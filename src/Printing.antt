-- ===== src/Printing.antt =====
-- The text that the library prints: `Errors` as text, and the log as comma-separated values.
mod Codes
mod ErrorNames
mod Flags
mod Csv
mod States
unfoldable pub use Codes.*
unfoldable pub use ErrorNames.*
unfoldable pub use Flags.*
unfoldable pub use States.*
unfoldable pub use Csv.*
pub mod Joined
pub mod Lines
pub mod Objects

⁂

▶ [WORK TO COMPLETE] Look through the data above for the string "unfoldable" and copy every line where it appears.

▶ [ANSWER BOX]
unfoldable pub use Codes.*
unfoldable pub use ErrorNames.*
unfoldable pub use Flags.*
unfoldable pub use States.*
unfoldable pub use Csv.*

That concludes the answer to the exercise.